"No, no, and no," she told him, bending round the stack to see his face, her hands still holding it at either side as children stand and dodge when they are playing hide-and-seek. He shot out a hand to her, but she evaded it and was off to where more bundles lay upon the stubble, and not for some time did he get another chance to speak to her. Without a word said they tacitly agreed to play this game of only meeting, hands and eyes, now and again as though by chance, she sheltering behind the oats, feeling his passion of worship, even so, as much as she could face under watching eyes. Like children they played at this game which had grown up without a word, both recognising it, and both the happier for the frail barriers and the secret exchanged by stealth before the others. At lunch, eaten on the grassy slope of the next field, he did not even sit next her, but both had to watch over themselves that they did not yield too often to the temptation of a glance that would have told as much to an onlooker as to each other.

The afternoon somehow lacked the first ecstasy of the morning, the labour suddenly became harder to unaccustomed muscles, and the girls lay in the shadows of the stooks and idled. They had time to talk among themselves while Ishmael and John-James worked on at the far end of the field. Blanche thought it rather silly and tiresome of Ishmael to keep on at it; surely he could leave that clumsy brother of his—for the first time the realisation that John-James actually was whole brother to Ishmael flashed into her mind—and wander away somewhere with her! What was the good of being the owner and master if he could not get some one else to do the work when it became a bore? So Blanche inwardly; and Ishmael, to whom it would never have occurred to begin work on a field and leave it half-done, went on steadily—stooping, gathering, binding; she could see the perpetual crouch of his figure, hardly ever straightening itself, down there against a background of green hedge and sullen grey sea.

Blanche leant up alongside her stook and Vassie sat watching her, while Judy, who had seen a wistful look on Phoebe's baby face, drew her into such superficial personal talk as she could best compass.

"When do you go back to London?" was Vassie's abrupt and not very happy opening.

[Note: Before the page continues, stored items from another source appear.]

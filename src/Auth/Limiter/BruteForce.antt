-- ===== src/Auth/Limiter/BruteForce.antt =====
-- internal/httpapi/auth_limiter.go: how many guesses a host gets in a period of one window.
use llama_wrangler.Common.{
  ℕ, ◌+◌, ◌-◌, ◌*◌, ◌≤◌, ◌<◌, ◌≡◌, ◌≢◌, refl, ap, ◌⊎◌, inl, inr, Bool, true, false, String, List,
  [], ◌∷◌, arith, All, Bool-cases,
}
use llama_wrangler.Auth.Limiter.{
  Attempt, Limiter, is_blocked, is_over, count_failure, register_failure,
}
use llama_wrangler.Auth.Limiter.Lockout.{
  attempt_of, unblocked, stored_attempt, register_failure-attempt, register_failure-max,
  step-Counts,
}

-- Failures by the end of the window on record: at most what is left of the limit goes unblocked.
window_bound :
    (key : String) (times : List ℕ) (l : Limiter)
    → (attempt_of key l).first_seen ≢ 0
    → All (λ now. now ≤ (attempt_of key l).first_seen + l.window) times
    → unblocked key times l ≤ l.max - 1 - (attempt_of key l).count
unfolding unblocked
window_bound key [] l f a = omega arith
window_bound key (now ∷ times) l f a =
    let c = step-Counts now key l f a.0 in
    let l' = (register_failure now key l).0 in
    let m = register_failure-max now key l in
    let f' : (attempt_of key l').first_seen ≢ 0 = rw c.same_window f in
    let a' : All (λ t. t ≤ (attempt_of key l').first_seen + l'.window) times =
      rw (c.same_window, m.1) a.1 in
    let ih = window_bound key times l' f' a' in
    elim (Bool-cases (register_failure now key l).1.0) [
      | inl e ↦ rw (e, unblocked) (omega (arith, ih, m.0, c.no_less))
      | inr e ↦ rw (e, unblocked) (omega (arith, ih, m.0, c.free e))
    ]

-- A failure when the window on record is over, or none is on record, opens a window at its time.
record Opens (now : ℕ) (l : Limiter) (b : Attempt) (blocked : Bool) : Type 0 where
  pub opened : b.first_seen ≡ now
  pub one : b.count ≡ 1
  pub free : blocked ≡ false → 1 < l.max

-- What a failure does, in any state.
count_failure_cases :
    (now : ℕ) (l : Limiter) (a : Attempt)
    → let (o, answer) = count_failure now l a in
      ((answer.0 ≡ true) × (stored_attempt a o ≡ a))
      ⊎ Opens now l (stored_attempt a o) answer.0
      ⊎ ((a.first_seen ≢ 0) × (now ≤ a.first_seen + l.window))
unfolding count_failure stored_attempt
count_failure_cases now l a = elim (Bool-cases (is_blocked now a)) [
  | inl e ↦ inl (rw e refl, rw e refl)
  | inr e ↦ elim (Bool-cases (is_over now l.window a)) [
    | inl o ↦ inr (inl (record { opened = ground arith; one = ground arith; free = ground arith }))
    | inr o ↦ inr (inr (λ z. grind arith, grind arith))
  ]
]

step_cases :
    (now : ℕ) (key : String) (l : Limiter)
    → let (l', answer) = register_failure now key l in
      ((answer.0 ≡ true) × (attempt_of key l' ≡ attempt_of key l))
      ⊎ Opens now l (attempt_of key l') answer.0
      ⊎ (((attempt_of key l).first_seen ≢ 0) × (now ≤ (attempt_of key l).first_seen + l.window))
unfolding register_failure
step_cases now key l =
    rw (register_failure-attempt now key l) (count_failure_cases now l (attempt_of key l))

-- The times of a period of one window that begins at `t`.
abbrev pub IsWithin : ℕ → ℕ → ℕ → Type 0
IsWithin t window now = (t ≤ now) × (now ≤ t + window)

within_opened :
    (t now window : ℕ) (times : List ℕ)
    → t ≤ now
    → All (IsWithin t window) times
    → All (λ s. s ≤ now + window) times
within_opened t now window [] h a = tt
within_opened t now window (s ∷ times) h a = (omega arith, within_opened t now window times h a.1)

module _ (t : ℕ) (positive : 0 < t) (key : String) where
  Bound : List ℕ → Limiter → Type 0
  Bound times l = unblocked key times l ≤ (l.max - 1 - (attempt_of key l).count) + (l.max - 1)

  period-Bound : (times : List ℕ) (l : Limiter) → All (IsWithin t l.window) times → Bound times l
  unfolding Bound unblocked
  period-Bound [] l a = omega arith
  period-Bound (now ∷ times) l a =
      let l' = (register_failure now key l).0 in
      let m = register_failure-max now key l in
      let rest : All (IsWithin t l'.window) times = rw m.1 a.1 in
      let ih = period-Bound times l' rest in
      elim (step_cases now key l) [
        | inl (shut, same) ↦
            let same_count : (attempt_of key l').count ≡ (attempt_of key l).count =
              ap (λ (b : Attempt). b.count) same in
            rw (shut, unblocked) (omega (arith, ih, m.0, same_count))
        | inr (inl opens) ↦
            let seen : (attempt_of key l').first_seen ≢ 0 = omega (arith, opens.opened, a.0) in
            let later : All (λ s. s ≤ (attempt_of key l').first_seen + l'.window) times =
              rw (opens.opened, m.1) (within_opened t now l.window times a.0.0 a.1) in
            let few = window_bound key times l' seen later in
            elim (Bool-cases (register_failure now key l).1.0) [
              | inl e ↦ rw (e, unblocked) (omega (arith, few, m.0, opens.one))
              | inr e ↦ rw (e, unblocked) (omega (arith, few, m.0, opens.one, opens.free e))
            ]
        | inr (inr (seen, inside)) ↦
            let c = step-Counts now key l seen inside in
            elim (Bool-cases (register_failure now key l).1.0) [
              | inl e ↦ rw (e, unblocked) (omega (arith, ih, m.0, c.no_less))
              | inr e ↦ rw (e, unblocked) (omega (arith, ih, m.0, c.free e))
            ]
      ]

-- Brute force. Whatever a key did before, of its failures that follow each other in a period of one
-- window, with no reset of the key (so no valid token) between them, at most twice the limit less one
-- go unblocked: the rest of one window on record, and one window that opens.
pub brute_force_bound :
    (t : ℕ) (key : String) (times : List ℕ) (l : Limiter)
    → 0 < t
    → All (IsWithin t l.window) times
    → unblocked key times l ≤ 2 * (l.max - 1)
unfolding Bound
brute_force_bound t key times l positive a = omega (arith, period-Bound t positive key times l a)
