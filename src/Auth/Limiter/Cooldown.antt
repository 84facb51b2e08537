-- ===== src/Auth/Limiter/Cooldown.antt =====
-- internal/httpapi/auth_limiter.go: how long a block lasts, and what it leaves alone.
use llama_wrangler.Common.{
  ℕ, ◌+◌, ◌-◌, ◌*◌, ◌≤◌, ◌<◌, ◌≡◌, ◌≢◌, refl, true, false, String, Option, none, some, arith,
}
use Prim.Native.Nat.{max}
use llama_wrangler.Common.Text.{str_eq, eq_iff, eq_refl}
use llama_wrangler.Common.Dict.{lookup-insert, lookup-erase}
use llama_wrangler.Auth.Limiter.{
  Attempt, Limiter, zero_attempt, is_blocked, count_failure, store, register_failure, reset,
  retry_after_seconds,
}
use llama_wrangler.Auth.Limiter.Lockout.{attempt_of, stored_attempt, register_failure-attempt}

blocked_answer :
    (now : ℕ) (key : String) (l : Limiter)
    → is_blocked now (attempt_of key l) ≡ true
    → register_failure now key l ≡ (l, (true, (attempt_of key l).blocked_until - now))
unfolding register_failure count_failure
blocked_answer now key l h = rw (h, register_failure, count_failure) refl

blocks_until :
    (now : ℕ) (l : Limiter) (a : Attempt)
    → is_blocked now a ≡ false
    → (count_failure now l a).1.0 ≡ true
    → (stored_attempt a (count_failure now l a).0).blocked_until ≡ now + l.cooldown
unfolding count_failure stored_attempt
blocks_until now l a h e = ground arith

-- When a failure sets a block, every failure of the key before the cooldown is over is answered as
-- blocked, with the time that is left, and changes nothing: it does not prolong the block.
pub cooldown_holds :
    (now later : ℕ) (key : String) (l : Limiter)
    → is_blocked now (attempt_of key l) ≡ false
    → (register_failure now key l).1.0 ≡ true
    → later < now + l.cooldown
    → let l' = (register_failure now key l).0 in
      register_failure later key l' ≡ (l', (true, now + l.cooldown - later))
unfolding register_failure
cooldown_holds now later key l h e lt =
    let l' = (register_failure now key l).0 in
    let until : (attempt_of key l').blocked_until ≡ now + l.cooldown =
      rw (register_failure-attempt now key l) (blocks_until now l (attempt_of key l) h e) in
    let shut : is_blocked later (attempt_of key l') ≡ true = rw until (grind arith) in
    rw (← until) (blocked_answer later key l' shut)

-- A failure of one key and a `reset` of it leave every other key as it was; a `reset` forgets the
-- key's failures.
pub other_keys :
    (now : ℕ) (key other : String) (l : Limiter)
    → other ≢ key
    → (attempt_of other (register_failure now key l).0 ≡ attempt_of other l)
      × (attempt_of other (reset key l) ≡ attempt_of other l)
      × (attempt_of key (reset key l) ≡ zero_attempt)
unfolding register_failure reset
other_keys now key other l d = (
  kept (count_failure now l (attempt_of key l)).0,
  rw (lookup-erase key other) (rw differs),
  rw (lookup-erase key key) (rw (eq_refl key)),
)
  where
    differs : str_eq key other ≡ false
    differs = ground (arith, eq_iff key other)

    kept : (o : Option Attempt) → attempt_of other (store key l o) ≡ attempt_of other l
    kept none = refl
    kept (some b) = rw (lookup-insert key other b) (rw differs)

-- The `Retry-After` header is a whole number of seconds, at least 1, and otherwise within half a
-- second of the time that is left, above or below.
pub retry_after_bounds :
    (d : ℕ)
    → (1 ≤ retry_after_seconds d)
      × (d ≤ retry_after_seconds d * 1_000_000_000 + 499_999_999)
      × (retry_after_seconds d * 1_000_000_000 ≤ max 1_000_000_000 (d + 500_000_000))
unfolding retry_after_seconds
retry_after_bounds d = ground arith
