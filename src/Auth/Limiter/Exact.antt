-- ===== src/Auth/Limiter/Exact.antt =====
-- internal/httpapi/auth_limiter.go: when a key is locked out, for how long, and which keys are not.
use llama_wrangler.Common.{
  ℕ, suc, ◌+◌, ◌-◌, ◌≤◌, ◌<◌, ◌≡◌, ◌≢◌, ◌⊎◌, Bool, true, false, String, List, [], ◌∷◌, arith, leb,
  length, All,
}
use Prim.Native.Nat.{min}
use native.Mathlib.Decide.{dec_lt}
use llama_wrangler.Auth.Limiter.{Attempt, Limiter, zero_attempt, count_failure, register_failure}
use llama_wrangler.Auth.Limiter.Lockout.{
  attempt_of, unblocked, stored_attempt, register_failure-attempt, register_failure-max,
}

-- A block is set only where the limit is reached.
abbrev pub IsHonest : ℕ → Attempt → Type 0
IsHonest limit a = (a.blocked_until ≡ 0) ⊎ (limit ≤ a.count)

-- One failure by the end of the window on record, under the limit and at it.
record Exact (l : Limiter) (a b : Attempt) (blocked : Bool) : Type 0 where
  pub same_window : b.first_seen ≡ a.first_seen
  pub honest : IsHonest l.max b
  pub under : a.count + 1 < l.max → (blocked ≡ false) × (b.count ≡ a.count + 1)
  pub at_limit : l.max ≤ a.count + 1 → (blocked ≡ true) × (l.max ≤ b.count + 1)

count_failure-Exact :
    (now : ℕ) (l : Limiter) (a : Attempt)
    → a.first_seen ≢ 0
    → now ≤ a.first_seen + l.window
    → IsHonest l.max a
    → Exact l a (stored_attempt a (count_failure now l a).0) (count_failure now l a).1.0
unfolding count_failure stored_attempt
count_failure-Exact now l a f w h = record {
  same_window = ground arith;
  honest = ground arith;
  under = ground arith;
  at_limit = ground arith;
}

step-Exact :
    (now : ℕ) (key : String) (l : Limiter)
    → (attempt_of key l).first_seen ≢ 0
    → now ≤ (attempt_of key l).first_seen + l.window
    → IsHonest l.max (attempt_of key l)
    → Exact l
        (attempt_of key l)
        (attempt_of key (register_failure now key l).0)
        (register_failure now key l).1.0
unfolding register_failure
step-Exact now key l f w h =
    rw (register_failure-attempt now key l) (count_failure-Exact now l (attempt_of key l) f w h)

window_exact :
    (key : String) (times : List ℕ) (l : Limiter)
    → (attempt_of key l).first_seen ≢ 0
    → All (λ now. now ≤ (attempt_of key l).first_seen + l.window) times
    → IsHonest l.max (attempt_of key l)
    → unblocked key times l ≡ min (length times) (l.max - 1 - (attempt_of key l).count)
unfolding unblocked
window_exact key [] l f a h = omega arith
window_exact key (now ∷ times) l f a h =
    let l' = (register_failure now key l).0 in
    let c = step-Exact now key l f a.0 h in
    let m = register_failure-max now key l in
    let f' : (attempt_of key l').first_seen ≢ 0 = rw c.same_window f in
    let a' : All (λ t. t ≤ (attempt_of key l').first_seen + l'.window) times =
      rw (c.same_window, m.1) a.1 in
    let h' : IsHonest l'.max (attempt_of key l') = rw m.0 c.honest in
    let ih = window_exact key times l' f' a' h' in
    elim (dec_lt ((attempt_of key l).count + 1) l.max) [
      | yes less ↦
          let (free, more) = c.under less in rw (free, unblocked) (omega (arith, ih, m.0, more))
      | no full ↦
          let (shut, more) = c.at_limit (omega arith) in
          rw (shut, unblocked) (omega (arith, ih, m.0, more))
    ]

-- A failure of a key with no attempt on record.
first_failure :
    (now : ℕ) (l : Limiter)
    → let (o, answer) = count_failure now l zero_attempt in
      ((stored_attempt zero_attempt o).first_seen ≡ now)
      × ((stored_attempt zero_attempt o).count ≡ 1)
      × IsHonest l.max (stored_attempt zero_attempt o)
      × (answer.0 ≡ leb l.max 1)
unfolding count_failure stored_attempt
first_failure now l = ground arith

-- Lockout. From a key with nothing on record, of the failures that come by the end of the window
-- that the first one opens, the first ones under the limit go unblocked, and every other is blocked.
pub lockout :
    (key : String) (now : ℕ) (times : List ℕ) (l : Limiter)
    → 0 < now
    → attempt_of key l ≡ zero_attempt
    → All (λ s. s ≤ now + l.window) times
    → unblocked key (now ∷ times) l ≡ min (suc (length times)) (l.max - 1)
unfolding unblocked register_failure
lockout key now times l positive e a =
    let l' = (register_failure now key l).0 in
    let first = first_failure now l in
    let stored = register_failure-attempt now key l in
    let m = register_failure-max now key l in
    let seen : (attempt_of key l').first_seen ≡ now = rw (stored, e) first.0 in
    let one : (attempt_of key l').count ≡ 1 = rw (stored, e) first.1 in
    let honest : IsHonest l'.max (attempt_of key l') = rw (m.0, stored, e) first.2 in
    let answer : (register_failure now key l).1.0 ≡ leb l.max 1 = rw e first.3 in
    let f' : (attempt_of key l').first_seen ≢ 0 = omega (arith, seen) in
    let a' : All (λ s. s ≤ (attempt_of key l').first_seen + l'.window) times = rw (seen, m.1) a in
    let rest = window_exact key times l' f' a' honest in
    elim (dec_lt 1 l.max) [
      | yes more ↦
          let free : (register_failure now key l).1.0 ≡ false = rw answer (ground arith) in
          rw (free, unblocked) (omega (arith, rest, m.0, one))
      | no few ↦
          let shut : (register_failure now key l).1.0 ≡ true = rw answer (ground arith) in
          rw (shut, unblocked) (omega (arith, rest, m.0, one))
    ]
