-- ===== src/Auth/Tests.antt =====
-- internal/httpapi/auth_limiter.go and auth.go: small runs, and the theorems at such inputs.
use llama_wrangler.Common.{
  ◌+◌, ◌*◌, ◌≤◌, ◌≡◌, ◌↔◌, refl, ◌⊎◌, true, false, String, [], ◌∷◌, Option, some, arith,
}
use Prim.Native.Nat.{max}
use llama_wrangler.Common.Int.{pos}
use llama_wrangler.Common.Text.{eq_iff}
use llama_wrangler.Common.Dict.{lookup, insert}
use llama_wrangler.Auth.Limiter.{
  Limiter, zero_attempt, new_auth_failure_limiter, count_failure, register_failure, reset,
  retry_after_seconds, auth_failure_key,
}
use llama_wrangler.Auth.Limiter.Lockout.{attempt_of, unblocked}
use llama_wrangler.Auth.Limiter.BruteForce.{brute_force_bound}
use llama_wrangler.Auth.Limiter.Exact.{lockout}
use llama_wrangler.Auth.Limiter.Cooldown.{cooldown_holds, other_keys, retry_after_bounds}
use llama_wrangler.Auth.Gate.{
  Request, AuthState, passes, bearer_token, require_admin, require_client_api_key,
}
use llama_wrangler.Auth.Gate.Laws.{
  IsClientToken, require_admin_passes, require_client_api_key_passes,
}

-- Two failures in ten nanoseconds, then five of rest.
abbrev fresh : Limiter
fresh = record { attempts = []; max = 3; window = 10; cooldown = 5 }

defaults : (new_auth_failure_limiter (pos 0) (pos 0) (pos 0)).max ≡ 5
unfolding new_auth_failure_limiter
defaults = refl

key_test : auth_failure_key (λ s. some "10.0.0.7") "admin" "10.0.0.7:51234" ≡ "admin:10.0.0.7"
unfolding auth_failure_key
key_test = refl

unblocked_test : unblocked "k" (100 ∷ 101 ∷ 102 ∷ 103 ∷ 108 ∷ 114 ∷ []) fresh ≡ 3
unfolding unblocked register_failure count_failure lookup insert
unblocked_test = refl

brute_force_bound_example : unblocked "k" (100 ∷ 101 ∷ 102 ∷ 103 ∷ 110 ∷ []) fresh ≤ 4
brute_force_bound_example =
    brute_force_bound 100 "k" (100 ∷ 101 ∷ 102 ∷ 103 ∷ 110 ∷ []) fresh (omega arith) (omega arith)

lockout_example : unblocked "k" (100 ∷ 101 ∷ 102 ∷ 103 ∷ 110 ∷ []) fresh ≡ 2
unfolding lookup
lockout_example =
    lockout "k" 100 (101 ∷ 102 ∷ 103 ∷ 110 ∷ []) fresh (omega arith) refl (omega arith)

after_two : Limiter
unfolding register_failure count_failure lookup insert
after_two = (register_failure 101 "k" (register_failure 100 "k" fresh).0).0

cooldown_holds_example :
    let l = (register_failure 102 "k" after_two).0 in register_failure 104 "k" l ≡ (l, (true, 3))
unfolding after_two
cooldown_holds_example = cooldown_holds 102 104 "k" after_two refl refl (omega arith)

other_keys_example :
    (attempt_of "j" (register_failure 102 "k" after_two).0 ≡ attempt_of "j" after_two)
    × (attempt_of "j" (reset "k" after_two) ≡ attempt_of "j" after_two)
    × (attempt_of "k" (reset "k" after_two) ≡ zero_attempt)
other_keys_example = other_keys 102 "k" "j" after_two (ground (arith, eq_iff "j" "k"))

retry_after_bounds_example :
    (1 ≤ retry_after_seconds 1_400_000_000)
    × (1_400_000_000 ≤ retry_after_seconds 1_400_000_000 * 1_000_000_000 + 499_999_999)
    × (retry_after_seconds 1_400_000_000 * 1_000_000_000 ≤ max 1_000_000_000 1_900_000_000)
retry_after_bounds_example = retry_after_bounds 1_400_000_000

abbrev request : Request
request = record {
  method = "GET";
  authorization = "Bearer  abc ";
  admin_token_header = "";
  remote_addr = "10.0.0.7:51234";
}

abbrev guarded : AuthState
guarded = record {
  setup_complete = true;
  require_auth = true;
  auth_enabled = true;
  client_api_keys = record { id = "local-ide"; enabled = true } ∷ [];
  config_keys = "spare" ∷ [];
}

bearer_token_test : bearer_token request ≡ "abc"
unfolding bearer_token
bearer_token_test = refl

abbrev hosts : String → Option String
hosts s = some "10.0.0.7"

require_admin_passes_example :
    ((require_admin hosts 103 (λ t. true) guarded request after_two).1 ≡ passes) ↔ (
      (request.method ≡ "OPTIONS")
      ⊎ (guarded.setup_complete ≡ false)
      ⊎ (guarded.require_auth ≡ false)
      ⊎ (true ≡ true))
require_admin_passes_example = require_admin_passes hosts 103 (λ t. true) guarded request after_two

require_client_api_key_passes_example :
    ((require_client_api_key hosts 103 (λ k. "abc") guarded request after_two).1 ≡ passes) ↔ (
      (guarded.setup_complete ≡ false)
      ⊎ (guarded.auth_enabled ≡ false)
      ⊎ IsClientToken (λ k. "abc") guarded (bearer_token request))
require_client_api_key_passes_example =
    require_client_api_key_passes hosts 103 (λ k. "abc") guarded request after_two
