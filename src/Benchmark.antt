-- ===== src/Benchmark.antt =====
-- internal/httpapi/benchmark_jobs.go, with the benchmark settings of internal/config/config.go.
pub mod Settings
pub mod Job
pub mod Jobs
pub mod Reconcile
pub mod Handlers
pub mod Complete
pub mod Limit
pub mod Attempts
pub mod Life
pub mod Stored
pub mod Tests
pub mod Background
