-- ===== src/Benchmark/Settings.antt =====
-- internal/config/config.go: the settings of the benchmark scheduler and of the runner, and the bounds
-- that `NormalizeBenchmarkSchedulerConfig` and `NormalizeBenchmarkRunnerConfig` keep them in.
use llama_wrangler.Common.{
  ℕ, zero, suc, ◌≤◌, ◌≡◌, ap, Bool, false, ◌||◌, String, ltb, if◌then◌else◌, arith,
}
use llama_wrangler.Common.Int.{ℤ, pos, positive_or}
use llama_wrangler.Common.Text.{str_eq, eq_refl}

pub record BenchmarkSchedulerConfig : Type 0 where
  pub policy : String
  pub max_attempts : ℤ
  pub lease_timeout_seconds : ℤ
  pub retry_delay_seconds : ℤ
  pub background_enabled : Bool
  pub tick_interval_seconds : ℤ

pub record BenchmarkRunnerConfig : Type 0 where
  pub enabled : Bool
  pub mode : String
  pub poll_interval_seconds : ℤ
  pub max_jobs_per_tick : ℤ
  pub result_body_policy : String

abbrev pub bounded_retry_timeout : String
bounded_retry_timeout = "bounded_retry_timeout_v1"

unfoldable pub default_benchmark_scheduler_config : BenchmarkSchedulerConfig
default_benchmark_scheduler_config = record {
  policy = bounded_retry_timeout;
  max_attempts = pos 3;
  lease_timeout_seconds = pos 600;
  retry_delay_seconds = pos 60;
  background_enabled = false;
  tick_interval_seconds = pos 60;
}

unfoldable pub default_benchmark_runner_config : BenchmarkRunnerConfig
default_benchmark_runner_config = record {
  enabled = false;
  mode = "dry_run_v1";
  poll_interval_seconds = pos 60;
  max_jobs_per_tick = pos 1;
  result_body_policy = "metrics_only";
}

-- The fallback is positive.
unfoldable pub bounded_int : ℤ → ℕ → ℕ → ℕ → ℕ
bounded_int value fallback least most =
    let n = positive_or value fallback in
    if ltb n least then least else if ltb most n then most else n

unfoldable pub normalize_benchmark_scheduler_config :
    BenchmarkSchedulerConfig → BenchmarkSchedulerConfig
unfolding bounded_int
normalize_benchmark_scheduler_config p = record p {
  policy = if str_eq p.policy bounded_retry_timeout then p.policy else bounded_retry_timeout;
  max_attempts = pos (bounded_int p.max_attempts 3 1 10);
  lease_timeout_seconds = pos (bounded_int p.lease_timeout_seconds 600 30 3600);
  retry_delay_seconds = pos (bounded_int p.retry_delay_seconds 60 5 1800);
  tick_interval_seconds = pos (bounded_int p.tick_interval_seconds 60 10 3600);
}

unfoldable pub normalize_benchmark_runner_config : BenchmarkRunnerConfig → BenchmarkRunnerConfig
unfolding bounded_int
normalize_benchmark_runner_config r = record r {
  mode =
      if str_eq r.mode "dry_run_v1" || str_eq r.mode "synthetic_builtin_v1"
      then r.mode
      else "dry_run_v1";
  poll_interval_seconds = pos (bounded_int r.poll_interval_seconds 60 5 3600);
  max_jobs_per_tick = pos (bounded_int r.max_jobs_per_tick 1 1 5);
  result_body_policy =
      if str_eq r.result_body_policy "metrics_only" then r.result_body_policy else "metrics_only";
}

-- A bounded integer is within its bounds.
pub bounded_int_bounds :
    (value : ℤ) (fallback least most : ℕ)
    → least ≤ most
    → (least ≤ bounded_int value fallback least most)
      × (bounded_int value fallback least most ≤ most)
unfolding bounded_int
bounded_int_bounds value fallback least most h = (ground (arith, h), ground (arith, h))

-- A positive integer within the bounds is kept.
pub bounded_int_keeps :
    (n fallback least most : ℕ)
    → 1 ≤ n
    → least ≤ n
    → n ≤ most
    → bounded_int (pos n) fallback least most ≡ n
unfolding bounded_int
bounded_int_keeps zero fallback least most p l m = let no : ⊥ = omega (arith, p) in elim no [ ]
bounded_int_keeps (suc n) fallback least most p l m = ground (arith, l, m)

bounded_twice :
    (value : ℤ) (fallback least most : ℕ)
    → 1 ≤ least
    → least ≤ most
    → bounded_int (pos (bounded_int value fallback least most)) fallback least most
      ≡ bounded_int value fallback least most
bounded_twice value fallback least most p h =
    let b = bounded_int_bounds value fallback least most h in
    bounded_int_keeps (bounded_int value fallback least most) fallback least most
      (omega (arith, b.0, p)) b.0 b.1

policy_kept :
    (p q : String)
    → let known = if str_eq p q then p else q in (if str_eq known q then known else q) ≡ known
policy_kept p q = ground (arith, eq_refl q)

-- Settings that are normalized stay as they are when they are normalized again.
pub normalize_benchmark_scheduler_config_idempotent :
    (p : BenchmarkSchedulerConfig)
    → normalize_benchmark_scheduler_config (normalize_benchmark_scheduler_config p)
      ≡ normalize_benchmark_scheduler_config p
unfolding normalize_benchmark_scheduler_config
normalize_benchmark_scheduler_config_idempotent p =
    rw
      (
        bounded_twice p.max_attempts 3 1 10 (omega arith) (omega arith),
        bounded_twice p.lease_timeout_seconds 600 30 3600 (omega arith) (omega arith),
        bounded_twice p.retry_delay_seconds 60 5 1800 (omega arith) (omega arith),
        bounded_twice p.tick_interval_seconds 60 10 3600 (omega arith) (omega arith),
      )
      (ap (λ t. record (normalize_benchmark_scheduler_config p) { policy = t })
        (policy_kept p.policy bounded_retry_timeout))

"Why, I don't know … it all depends," answered Blanche, her beautiful low voice sounding very rich after Vassie's hard tones. "You've never been to London, have you, Vassie? I may call you Vassie, mayn't I?"

"I've never been further than Plymouth."

"You must come to London some day with me," said Blanche. She had no intention of spending all her days at Cloom, and she wished to win over this sulky beauty to her side. Vassie looked doubtfully at her, but began to thaw. London … it meant all of hope and the future to Vassie.

"I would dearly love to," she said. "I suppose you know it very well, like I know Penzance. I don't go even to Plymouth very often, and of course it's not London. The people are rather common. I daresay there's all sorts in London, but I suppose you know a lot of families up there?"

"A good many," said Blanche casually. She was pleased at the signs of a thaw; she was one of those women who are as eager to stand well with their own sex as with men and take as much care to ensure it.

"You would do well in London, Vassie," she went on, fixing her eyes on the girl after a habit she had, and which always gave the impression that she was talking to the only person on earth who really interested her; "you are very beautiful, you know."